Меня пригласили в дом. Пройдя по темному коридору, мы вошли в небольшую комнату, где было посветлей, там на кровати лежал тяжело дышащий пожилой мужчина. Он не спал, его внимательные глаза быстро оглядели меня с ног до головы.
После этого он заговорил с хозяином. К моему удивлению, говорили они на русском языке, и я вполне все понимал.
«Интересно, а кто же тогда говорит на литовском?» – подумал я.
– Какой ты, лекарь, молодой?! – вопросительно, уже обращаясь ко мне, сказал больной. – Слыхал я, что есть у царя лекарь знающий, но думалось, что постарше будешь.
– Дело не в молодости, Ян Геронимович, а в знаниях и руках, – если это есть, можно и царским лекарем стать.
– Так-то оно так, но опыт еще надо иметь большой. Вон поставь моего племянника, – кивнул он на богато разодетого парня моих лет, стоявшего со всеми, – полком командовать, так ведь сразу не получится ничего, а повоюет лет десять – и справится.
– Ян Геронимович, прислал меня государь, чтобы я вас посмотрел и, если нужно, лечение назначил.
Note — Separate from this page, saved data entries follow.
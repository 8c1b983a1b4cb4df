-- ===== src/Server/Receive.antt =====
-- src/server/hzl_ServerProcessReceived.c: the dispatch of a received message.
use hazelnet.Base.{ℕ, Bool, not, List, Option, some, none, ◌==◌, if◌then◌else◌}
use hazelnet.Err.{
  Err, is_ok, null_pdu, null_sdu, programming, secwarn_server_only_message, invalid_payload_type,
}
use hazelnet.Header.{Header}
use hazelnet.Header.Pty
use hazelnet.Message.{
  CbsPduMsg, RxSduMsg, zero_pdu, zero_sdu, bytes_of, check_received_generic_msg,
  process_received_unsecured,
}
use hazelnet.Payload.{server_sid}
use hazelnet.Platform.{Platform, current_time}
use hazelnet.Server.{ServerCtx, check_ctx_pointers}
use hazelnet.Server.Request.{process_received_request}
use hazelnet.Server.SecuredFd.{process_received_secured_fd}

module _ (p : Platform) where
  -- The `switch` of `hzl_ServerProcessReceived` on the payload type.
  unfoldable pub dispatch :
      CbsPduMsg
      → RxSduMsg
      → ServerCtx
      → Option (List ℕ)
      → ℕ
      → Header
      → ℕ
      → Err × ServerCtx × CbsPduMsg × RxSduMsg
  dispatch pdu sdu ctx received_pdu received_pdu_len hdr rx_timestamp =
      let rx_pdu = bytes_of received_pdu received_pdu_len in
      if hdr.pty == Pty.req
      then (let (err, ctx', pdu') =
            process_received_request p pdu ctx rx_pdu received_pdu_len hdr rx_timestamp in
          (err, ctx', pdu', sdu))
      else if hdr.pty == Pty.res
      then (secwarn_server_only_message, ctx, pdu, sdu)
      else if hdr.pty == Pty.ren
      then (secwarn_server_only_message, ctx, pdu, sdu)
      else if hdr.pty == Pty.sadtp
      then (programming, ctx, pdu, sdu)
      else if hdr.pty == Pty.sadfd
      then process_received_secured_fd p pdu sdu ctx rx_pdu received_pdu_len hdr rx_timestamp
      else if hdr.pty == Pty.uad
      then (let (err, sdu') =
            process_received_unsecured sdu received_pdu received_pdu_len hdr
              ctx.server_config.header_type in
          (err, ctx, pdu, sdu'))
      else (invalid_payload_type, ctx, pdu, sdu)

  unfoldable pub server_process_received :
      Bool
      → Bool
      → CbsPduMsg
      → RxSduMsg
      → ServerCtx
      → Option (List ℕ)
      → ℕ
      → ℕ
      → Err × ServerCtx × CbsPduMsg × RxSduMsg
  server_process_received pdu_null sdu_null pdu sdu ctx received_pdu received_pdu_len can_id =
      if pdu_null
      then (null_pdu, ctx, pdu, sdu)
      else if sdu_null
      then (null_sdu, ctx, pdu, sdu)
      else (let err = check_ctx_pointers ctx.nulls in
          if not (is_ok err)
          then (err, ctx, pdu, sdu)
          else (let (time_err, rx_timestamp, io') = current_time p ctx.io in
              let ctx' : ServerCtx = record ctx { io = io' } in
              if not (is_ok time_err)
              then (time_err, ctx', zero_pdu, zero_sdu)
              else (let (err, unpacked) =
                    check_received_generic_msg received_pdu received_pdu_len server_sid
                      ctx.server_config.header_type in
                  if not (is_ok err) then (err, ctx', zero_pdu, zero_sdu) else elim unpacked [
                    | none ↦ (err, ctx', zero_pdu, zero_sdu)
                    | some hdr ↦
                        dispatch zero_pdu (record zero_sdu { can_id = can_id }) ctx' received_pdu
                          received_pdu_len hdr rx_timestamp
                  ])))
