-- ===== src/Utils/Trng.antt =====
-- What `hzl_NonZeroTrng` returns: on success bytes that are not all zero, always within 22 calls.
use hazelnet.Base.{
  ℕ, zero, suc, ◌+◌, ◌≤◌, ◌<◌, ◌≡◌, refl, true, false, arith, length, List, write, min,
}
use hazelnet.Base.All.{All, All-write}
use hazelnet.Base.Buffers.{length-write}
use hazelnet.Base.{ltb, if_either}
use hazelnet.Err.{Err, is_ok, ok, is_ok-ok, is_ok_iff}
use hazelnet.Platform.{Platform, Io, trng}
use hazelnet.Utils.{is_all_zeros, zero_out, non_zero_trng_loop, non_zero_trng}

-- Clearing leaves only zeros.
pub is_all_zeros-zero_out : (n : ℕ) → is_all_zeros (zero_out n) ≡ true
unfolding is_all_zeros zero_out
is_all_zeros-zero_out zero = refl
is_all_zeros-zero_out (suc n) = is_all_zeros-zero_out n

-- What the loop has done when it returns `HZL_OK`, started after `tries` calls.
record Drew (io : Io) (tries : ℕ) (io' : Io) : Type 0 where
  within : io'.random_calls + tries ≤ io.random_calls + 21
  called : io.random_calls < io'.random_calls

module _ (p : Platform) where
  calls-trng : (io : Io) (amount : ℕ) → (trng p io amount).2.random_calls ≡ io.random_calls + 1
  unfolding trng
  calls-trng io amount = refl

  loop_ok :
      (fuel tries : ℕ) (io : Io) (bytes : List ℕ) (amount : ℕ)
      → (non_zero_trng_loop p fuel tries io bytes amount).0 ≡ ok
      → (is_all_zeros (non_zero_trng_loop p fuel tries io bytes amount).1 ≡ false)
        × Drew io tries (non_zero_trng_loop p fuel tries io bytes amount).2
  unfolding non_zero_trng_loop
  loop_ok zero tries io bytes amount = λ e. cc
  loop_ok (suc fuel) tries io bytes amount = ground (
    arith,
    is_ok_iff (trng p io amount).0,
    is_ok-ok,
    calls-trng io amount,
    loop_ok fuel (tries + 1) (trng p io amount).2 (write bytes 0 (trng p io amount).1) amount,
  )

  -- On success the bytes are not all zero, and between one and 21 calls of the callback were made.
  pub non_zero_trng_ok :
      (io : Io) (bytes : List ℕ) (amount : ℕ)
      → (non_zero_trng p io bytes amount).0 ≡ ok
      → (is_all_zeros (non_zero_trng p io bytes amount).1 ≡ false)
        × (io.random_calls < (non_zero_trng p io bytes amount).2.random_calls)
        × ((non_zero_trng p io bytes amount).2.random_calls ≤ io.random_calls + 21)
  unfolding non_zero_trng
  non_zero_trng_ok io bytes amount e =
      let done = loop_ok 22 0 io bytes amount e in
      (done.0, omega (arith, done.1), omega (arith, done.1))

  -- More fuel than the 22 rounds changes nothing.
  pub non_zero_trng_fuel :
      (fuel tries : ℕ) (io : Io) (bytes : List ℕ) (amount : ℕ)
      → 22 ≤ fuel + tries
      → 0 < fuel
      → non_zero_trng_loop p (suc fuel) tries io bytes amount
        ≡ non_zero_trng_loop p fuel tries io bytes amount
  unfolding non_zero_trng_loop
  non_zero_trng_fuel zero tries io bytes amount enough some_left = elim some_left [ ]
  non_zero_trng_fuel (suc fuel) tries io bytes amount enough some_left = ground (
    arith,
    non_zero_trng_fuel fuel (tries + 1) (trng p io amount).2 (write bytes 0 (trng p io amount).1)
        amount,
  )

  pub length-non_zero_trng_loop :
      (fuel tries : ℕ) (io : Io) (bytes : List ℕ) (amount : ℕ)
      → length (non_zero_trng_loop p fuel tries io bytes amount).1 ≡ length bytes
  unfolding non_zero_trng_loop
  length-non_zero_trng_loop zero tries io bytes amount = refl
  length-non_zero_trng_loop (suc fuel) tries io bytes amount = ground (
    arith,
    length-write bytes 0 (trng p io amount).1,
    length-non_zero_trng_loop fuel (tries + 1) (trng p io amount).2
        (write bytes 0 (trng p io amount).1) amount,
  )

  -- The target keeps its length.
  pub length-non_zero_trng :
      (io : Io) (bytes : List ℕ) (amount : ℕ)
      → length (non_zero_trng p io bytes amount).1 ≡ length bytes
  unfolding non_zero_trng
  length-non_zero_trng io bytes amount = length-non_zero_trng_loop 22 0 io bytes amount

  -- The random generator is called at least once.
  pub non_zero_trng_loop_draws :
      (fuel tries : ℕ) (io : Io) (bytes : List ℕ) (amount : ℕ)
      → io.random_calls + min 1 fuel
        ≤ (non_zero_trng_loop p fuel tries io bytes amount).2.random_calls
  unfolding non_zero_trng_loop trng
  non_zero_trng_loop_draws zero tries io bytes amount = omega arith
  non_zero_trng_loop_draws (suc fuel) tries io bytes amount = ground (
    arith,
    non_zero_trng_loop_draws fuel (tries + 1) (trng p io amount).2
        (write bytes 0 (trng p io amount).1) amount,
  )

  pub non_zero_trng_draws :
      (io : Io) (bytes : List ℕ) (amount : ℕ)
      → io.random_calls < (non_zero_trng p io bytes amount).2.random_calls
  unfolding non_zero_trng
  non_zero_trng_draws io bytes amount = omega (arith, non_zero_trng_loop_draws 22 0 io bytes amount)

  -- With random bytes that are bytes, the target holds bytes.
  non_zero_trng_loop-All :
      ((n amount : ℕ) → All (λ b. b < 256) (p.callbacks.random n amount).1)
      → (fuel tries : ℕ) (io : Io) (bytes : List ℕ) (amount : ℕ) → All (λ b. b < 256) bytes
      → All (λ b. b < 256) (non_zero_trng_loop p fuel tries io bytes amount).1
  unfolding non_zero_trng_loop trng
  non_zero_trng_loop-All drawn zero tries io bytes amount h = h
  non_zero_trng_loop-All drawn (suc fuel) tries io bytes amount h =
      if_either Fine (is_ok (trng p io amount).0) _ _
        (if_either Fine (ltb 20 tries) _ _ written (
          if_either Fine (is_all_zeros bytes') _ _
            (non_zero_trng_loop-All drawn fuel (tries + 1) (trng p io amount).2 bytes' amount
              written)
            written))
        written
    where
      Fine : Err × List ℕ × Io → Type 0
      Fine r = All (λ b. b < 256) r.1

      bytes' : List ℕ
      bytes' = write bytes 0 (trng p io amount).1

      written : All (λ b. b < 256) bytes'
      written =
          All-write (λ b. b < 256) bytes 0 (trng p io amount).1 h (drawn io.random_calls amount)

  pub non_zero_trng-All :
      ((n amount : ℕ) → All (λ b. b < 256) (p.callbacks.random n amount).1)
      → (io : Io) (bytes : List ℕ) (amount : ℕ) → All (λ b. b < 256) bytes
      → All (λ b. b < 256) (non_zero_trng p io bytes amount).1
  unfolding non_zero_trng
  non_zero_trng-All drawn io bytes amount h = non_zero_trng_loop-All drawn 22 0 io bytes amount h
На лице старого воина появилась усмешка:
– Конечно, если я здесь окочурюсь, много слухов разных пойдет. Понимаю я беспокойство государя твоего. Ладно, смотри, спрашивай, от меня не убудет, может, действительно чем поможешь. Хотя меня уже три врача смотрели, только руками разводят. Видно, пришла пора помирать.
Я начал расспрашивать больного, и вскоре причина его плохого состояния была для меня ясна: из-за сильного сужения в двенадцатиперстной кишке у него практически не проходила пища, а вот что было причиной сужения – совершенно неизвестно. Конечно, скорее всего, это была застарелая язва, но не исключался и вариант рака желудка. И тут я без рентгена и фиброгастроскопии мог только гадать на кофейной гуще.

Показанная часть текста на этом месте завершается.